The idea that a trusted teacher of children sends them out to war is unavoidably creepy. It’s a concept that’s been played with many times since Claremont. I don’t know if this odd vibe was deliberate on the part of Lee and Kirby or just another oddity of 60s Marvel, but it plays to other themes present since the beginning. I’m not sure it can all be considered coincidental, though it may be subconscious rather than conscious.
Student unrest tied in with movements wanting to change the status quo is one of the primary images we have of the Sixties, not only in America but across the world. Stan Lee explicitly wrote this into Spider-man, so it wasn’t something he was oblivious too. I wonder how much this informed the structure of the X-Men. The radicalisation of the young by influential figures is a perennial concern to the Daily Mail crowd, something that can be found in modern hysteria regarding Islamic university organisations, Victorian political concerns, right back to Socrates and Plato.

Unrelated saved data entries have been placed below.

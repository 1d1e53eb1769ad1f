-- ===== src/Normalization/Fix.antt =====
-- internal/normalization/fix.go.
use secure_dev.Prelude.{
  String, Bool, true, false, ◌&&◌, ◌||◌, ◌≡◌, ◌≢◌, ◌⊎◌, Option, none, some, List, [], any, length,
  ltb, ◌==◌, arith, if◌then◌else◌,
}
use secure_dev.Prelude.Text.{to_lower, trim_space}

pub data FixState : Type 0 where
  unknown fixed not_fixed wont_fix : FixState
  other : String → FixState

unfoldable pub fix_state_valid : FixState → Bool
fix_state_valid (FixState.other t) = false
fix_state_valid _ = true

abbrev fix_state_of_word : String → FixState
fix_state_of_word w =
    if w == "fixed"
    then fixed
    else if w == "not-fixed" || w == "not_fixed"
    then not_fixed
    else if w == "wont-fix" || w == "wont_fix" || w == "will-not-fix"
    then wont_fix
    else unknown

unfoldable pub map_fix_state : String → FixState
unfolding to_lower trim_space
map_fix_state raw = fix_state_of_word (to_lower (trim_space raw))

pub record Fix : Type 0 where
  pub state : FixState
  pub fixed_versions : List String
  pub references : List String

abbrev pub is_fixed : FixState → Bool
is_fixed fixed = true
is_fixed _ = false

-- `f.State == FixStateWontFix || f.State == FixStateNotFixed`
abbrev pub rules_out_fix : FixState → Bool
rules_out_fix wont_fix = true
rules_out_fix not_fixed = true
rules_out_fix _ = false

unfoldable pub fix_available : Fix → Bool
fix_available f = is_fixed f.state && ltb 0 (length f.fixed_versions)

abbrev pub blank : String → Bool
blank t = trim_space t == ""

pub data FixError : Type 0 where
  unknown_fix_state blank_version versions_on_unfixable blank_reference : FixError

-- `Validate`: `none` is Go's nil error.
unfoldable pub fix_validate : Fix → Option FixError
unfolding fix_state_valid
fix_validate f =
    if fix_state_valid f.state
    then if any blank f.fixed_versions
      then some blank_version
      else if ltb 0 (length f.fixed_versions) && rules_out_fix f.state
      then some versions_on_unfixable
      else if any blank f.references
      then some blank_reference
      else none
    else some unknown_fix_state

-- A fix that passes validation has versions only where the state leaves room for a fix: it is
-- `fixed`, or no scanner said.
pub fix_validate_sound :
    (f : Fix)
    → fix_validate f ≡ none
    → f.fixed_versions ≢ []
    → ((f.state ≡ fixed) ⊎ (f.state ≡ unknown)) × (any blank f.fixed_versions ≡ false)
unfolding fix_validate
fix_validate_sound f h v = ground arith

I’m probably reading too much into it, but the X-Men concept does play into anti-intellectual fears of an educated populace, with university education seen as a threat. Like I say, it’s nothing new but there’s been a lot of it in recent years (and if I was feeling particularly tin-hattish, I’d say it’s yet another tactic to discourage the masses from bettering themselves and to keep education strictly for the privileged few, but that’s just crazy talk isn’t it now.)
Also, the world is run by lizards.
Conclusion: If we dig around there’s some ugly things lurking in the X-Men concept. Of course, that can only help in terms of drama, action and conflict. It shouldn’t be a surprise that, when handled properly, the books are amongst the most popular ever made.